For the data below, restate word for word only the lines from the line containing "next _ _ put_next" through the line containing "-- The attributes", both ends included.

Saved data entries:

"""

-- ===== src/Iam/Saml/Claims.antt =====
-- The user that an assertion names: `read_metadata`.
use mathlib.Core.Path.{subst}
use amazon_redshift_python_d.Prelude.{
  ◌≢◌, ◌⊎◌, inl, inr, ◌≡◌, refl, sym, ap, ◌∙◌, Bool, true, false, Option, none, some, List, [], ◌∷◌,
  ◌++◌, if◌then◌else◌,
}
use amazon_redshift_python_d.Prelude.Result.{Result, ok, err, key_error, ◌>>=◌, >>=-eq-ok}
use amazon_redshift_python_d.Prelude.Text.{Text, codes, text_eq, text_eq_sound}
use amazon_redshift_python_d.Iam.Login.{IamMetadata}
use amazon_redshift_python_d.Iam.Saml.Assertion.{
  Document, Tag, Unicode, find_attributes, lower_values, namespaces, no_metadata, put_claim,
  put_values, read_claims, read_metadata, redshift_claim, session_claim, session_user, tag_name,
  is_yes,
}

-- The first values of the attributes of a name, but for the empty ones.
first_text : List (List Text) → List Text
first_text [] = []
first_text ([] ∷ values) = []
first_text ((value ∷ contents) ∷ values) = value ∷ []

if_called : Text → Option Text → List Text → List Text
if_called wanted none values = []
if_called wanted (some name) values = if text_eq name wanted then values else []

pub values_of : Text → Text → List Tag → List Text
values_of wanted namespace [] = []
values_of wanted namespace (tag ∷ tags) =
    if_called wanted tag.name (first_text (tag.find (namespace ++ codes "AttributeValue")))
    ++ values_of wanted namespace tags

-- The last user, else the first session name.
last_of : Option Text → List Text → Option Text
last_of user [] = user
last_of user (value ∷ values) = last_of (some value) values

first_session : Option Text → List Text → Option Text
first_session (some user) sessions = some user
first_session none [] = none
first_session none (value ∷ values) = some value

pub saml_user : Option Text → List Text → List Text → Option Text
saml_user user users sessions = last_of (first_session user sessions) users

-- What a claim leaves as the user.
Leaves : Option Text → Result IamMetadata → Type 0
Leaves user (ok m) = m.saml_db_user ≡ user
Leaves user (err e) = Unit {0}

after_claim : Bool → Bool → Text → Option Text → Option Text
after_claim true session value user = some value
after_claim false true value user = session_user value user
after_claim false false value user = user

claim-Leaves :
    (F : Unicode) (value : Text) (m : IamMetadata) (override db session auto group force : Bool)
    (groups : Result (List Text))
    → (override ≡ true → (db ≡ false) × (session ≡ false))
    → Leaves (after_claim db session value m.saml_db_user) (
        if override
        then ok (record m { allow_db_user_override = is_yes F value })
        else if db
        then ok (record m { saml_db_user = some value })
        else if session
        then ok (record m { saml_db_user = session_user value m.saml_db_user })
        else if auto
        then ok (record m { auto_create = is_yes F value })
        else if group
        then (do names ← groups; ok (record m { db_groups = names }))
        else if force
        then ok (record m { force_lowercase = is_yes F value })
        else ok m)
unfolding Leaves after_claim
claim-Leaves F value m true db session auto group force groups apart =
    rw ((apart refl).0, (apart refl).1) refl
claim-Leaves F value m false true session auto group force groups apart = refl
claim-Leaves F value m false false true auto group force groups apart = refl
claim-Leaves F value m false false false true group force groups apart = refl
claim-Leaves F value m false false false false true force (ok groups) apart = refl
claim-Leaves F value m false false false false true force (err e) apart = tt
claim-Leaves F value m false false false false false true groups apart = refl
claim-Leaves F value m false false false false false false groups apart = refl

apart :
    (name : Text)
    → text_eq name (redshift_claim (codes "AllowDbUserOverride")) ≡ true
    → (text_eq name (redshift_claim (codes "DbUser")) ≡ false)
      × (text_eq name session_claim ≡ false)
unfolding text_eq
apart name e = rw (text_eq_sound name (redshift_claim (codes "AllowDbUserOverride")) e) (refl, refl)

put_claim-Leaves :
    (F : Unicode) (name value : Text) (values : List (List Text)) (m : IamMetadata)
    → Leaves
        (after_claim
          (text_eq name (redshift_claim (codes "DbUser")))
          (text_eq name session_claim)
          value
          m.saml_db_user)
        (put_claim F name value values m)
unfolding put_claim
put_claim-Leaves F name value values m =
    claim-Leaves F value m _ _ _ _ _ _ (lower_values F values) (apart name)

-- The claims that are left add to it.
added :
    (db session : Bool) (value : Text) (user : Option Text) (users sessions : List Text)
    → saml_user (after_claim db session value user) users sessions
      ≡ saml_user user
          ((if db then value ∷ [] else []) ++ users)
          ((if session then value ∷ [] else []) ++ sessions)
unfolding saml_user last_of first_session after_claim session_user
added true session value user users sessions = refl
added false true value none users sessions = refl
added false true value (some u) users sessions = refl
added false false value user users sessions = refl

unnamed :
    (db session : Bool) (user : Option Text) (users sessions : List Text)
    → saml_user user users sessions
      ≡ saml_user user ((if db then [] else []) ++ users) ((if session then [] else []) ++ sessions)
unnamed true true user users sessions = refl
unnamed true false user users sessions = refl
unnamed false true user users sessions = refl
unnamed false false user users sessions = refl

put_values-user :
    (F : Unicode) (name : Text) (values : List (List Text)) (m next : IamMetadata)
    (users sessions : List Text)
    → put_values F name values m ≡ ok next
    → saml_user next.saml_db_user users sessions
      ≡ saml_user m.saml_db_user
          (if_called (redshift_claim (codes "DbUser")) (some name) (first_text values) ++ users)
          (if_called session_claim (some name) (first_text values) ++ sessions)
unfolding put_values if_called first_text Leaves
put_values-user F name [] m next users sessions e =
    ap (λ u. saml_user u users sessions) (subst (Leaves m.saml_db_user) e refl)
    ∙ unnamed (text_eq name (redshift_claim (codes "DbUser"))) (text_eq name session_claim)
        m.saml_db_user users sessions
put_values-user F name ([] ∷ values) m next users sessions e =
    ap (λ u. saml_user u users sessions) (subst (Leaves m.saml_db_user) e refl)
    ∙ unnamed (text_eq name (redshift_claim (codes "DbUser"))) (text_eq name session_claim)
        m.saml_db_user users sessions
put_values-user F name ((value ∷ contents) ∷ values) m next users sessions e =
    ap (λ u. saml_user u users sessions)
      (subst
        (Leaves (
          after_claim (text_eq name (redshift_claim (codes "DbUser"))) (text_eq name session_claim)
            value m.saml_db_user))
        e (put_claim-Leaves F name value ((value ∷ contents) ∷ values) m))
    ∙ added (text_eq name (redshift_claim (codes "DbUser"))) (text_eq name session_claim) value
        m.saml_db_user users sessions

settled : (user : Option Text) → user ≡ saml_user user [] []
unfolding saml_user last_of first_session
settled none = refl
settled (some user) = refl

pub tag_name-called : (tag : Tag) (name : Text) → tag_name tag ≡ ok name → tag.name ≡ some name
unfolding tag_name
tag_name-called tag name e = known tag.name e
  where
    known :
        (o : Option Text)
        → elim o as (λ o. Result Text) [ none ↦ err key_error | some name ↦ ok name ] ≡ ok name
        → o ≡ some name
    known none e = cc e
    known (some t) e = cc e

read_claims-user :
    (F : Unicode) (namespace : Text) (tags : List Tag) (m last : IamMetadata)
    → read_claims F namespace tags m ≡ ok last
    → last.saml_db_user
      ≡ saml_user m.saml_db_user
          (values_of (redshift_claim (codes "DbUser")) namespace tags)
          (values_of session_claim namespace tags)
unfolding read_claims values_of Leaves
read_claims-user F namespace [] m last e =
    subst (Leaves m.saml_db_user) e refl ∙ settled m.saml_db_user
read_claims-user F namespace (tag ∷ tags) m last e =
    let (name, is_name, e1) = >>=-eq-ok (tag_name tag) _ e in
    let (next, put_next, e2) =
      >>=-eq-ok (put_values F name (tag.find (namespace ++ codes "AttributeValue")) m) _ e1 in
    read_claims-user F namespace tags next last e2
    ∙ (put_values-user F name (tag.find (namespace ++ codes "AttributeValue")) m next _ _ put_next
        ∙ ap
            (λ o.
              saml_user m.saml_db_user
                (if_called (redshift_claim (codes "DbUser")) o
                    (first_text (tag.find (namespace ++ codes "AttributeValue")))
                  ++ values_of (redshift_claim (codes "DbUser")) namespace tags)
                (if_called session_claim o
                    (first_text (tag.find (namespace ++ codes "AttributeValue")))
                  ++ values_of session_claim namespace tags))
            (sym (tag_name-called tag name is_name)))

-- The attributes of "saml2:Attribute" elements if there are any, else of "saml:Attribute", else of
-- "Attribute"; the values are searched for in the same namespace.
pub IsFirst : Document → Text → List Tag → Type 0
IsFirst doc namespace tags =
    ((tags ≢ []) × (namespace ≡ codes "saml2:") × (doc (codes "saml2:Attribute") ≡ tags))
    ⊎ (((doc (codes "saml2:Attribute") ≡ [])
          × (tags ≢ [])
          × (namespace ≡ codes "saml:")
          × (doc (codes "saml:Attribute") ≡ tags))
        ⊎ ((doc (codes "saml2:Attribute") ≡ [])
            × (doc (codes "saml:Attribute") ≡ [])
            × ((tags ≡ []) ⊎ (namespace ≡ []))
            × (doc (codes "Attribute") ≡ tags)))

find_attributes-IsFirst :
    (doc : Document)
    → IsFirst doc (find_attributes doc namespaces).0 (find_attributes doc namespaces).1
unfolding find_attributes IsFirst
find_attributes-IsFirst doc =
    first (doc (codes "saml2:Attribute")) (doc (codes "saml:Attribute")) (doc (codes "Attribute"))
      refl refl refl
  where
    first :
        (xs ys zs : List Tag)
        → doc (codes "saml2:Attribute") ≡ xs
        → doc (codes "saml:Attribute") ≡ ys
        → doc (codes "Attribute") ≡ zs
        → IsFirst doc (find_attributes doc namespaces).0 (find_attributes doc namespaces).1
    first (t ∷ xs) ys zs p q r = rw p (inl (cc, refl, refl))
    first [] (t ∷ ys) zs p q r = rw (p, q) (inr (inl (refl, cc, refl, refl)))
    first [] [] (t ∷ zs) p q r = rw (p, q, r) (inr (inr (refl, refl, inr refl, refl)))
    first [] [] [] p q r = rw (p, q, r) (inr (inr (refl, refl, inl refl, refl)))

-- When read_metadata returns, it has read the attributes of the first of the namespaces saml2, saml and
-- none that has any. The user that it gives is the last one that a DbUser attribute among them names, or else
-- the first that a RoleSessionName attribute names, in whatever order they stand; attributes with an
-- empty first value do not count.
pub read_metadata-user :
    (F : Unicode) (doc : Document) (m : IamMetadata)
    → read_metadata F doc ≡ ok m
    → (namespace : Text) × (tags : List Tag) × IsFirst doc namespace tags
      × (m.saml_db_user
          ≡ saml_user none
              (values_of (redshift_claim (codes "DbUser")) namespace tags)
              (values_of session_claim namespace tags))
unfolding read_metadata
read_metadata-user F doc m e =
    let (namespace, tags) = find_attributes doc namespaces in
    (
      namespace,
      tags,
      find_attributes-IsFirst doc,
      read_claims-user F namespace tags no_metadata m e,
    )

"""

**Expected answer**:
    ∙ (put_values-user F name (tag.find (namespace ++ codes "AttributeValue")) m next _ _ put_next
        ∙ ap
            (λ o.
              saml_user m.saml_db_user
                (if_called (redshift_claim (codes "DbUser")) o
                    (first_text (tag.find (namespace ++ codes "AttributeValue")))
                  ++ values_of (redshift_claim (codes "DbUser")) namespace tags)
                (if_called session_claim o
                    (first_text (tag.find (namespace ++ codes "AttributeValue")))
                  ++ values_of session_claim namespace tags))
            (sym (tag_name-called tag name is_name)))

-- The attributes of "saml2:Attribute" elements if there are any, else of "saml:Attribute", else of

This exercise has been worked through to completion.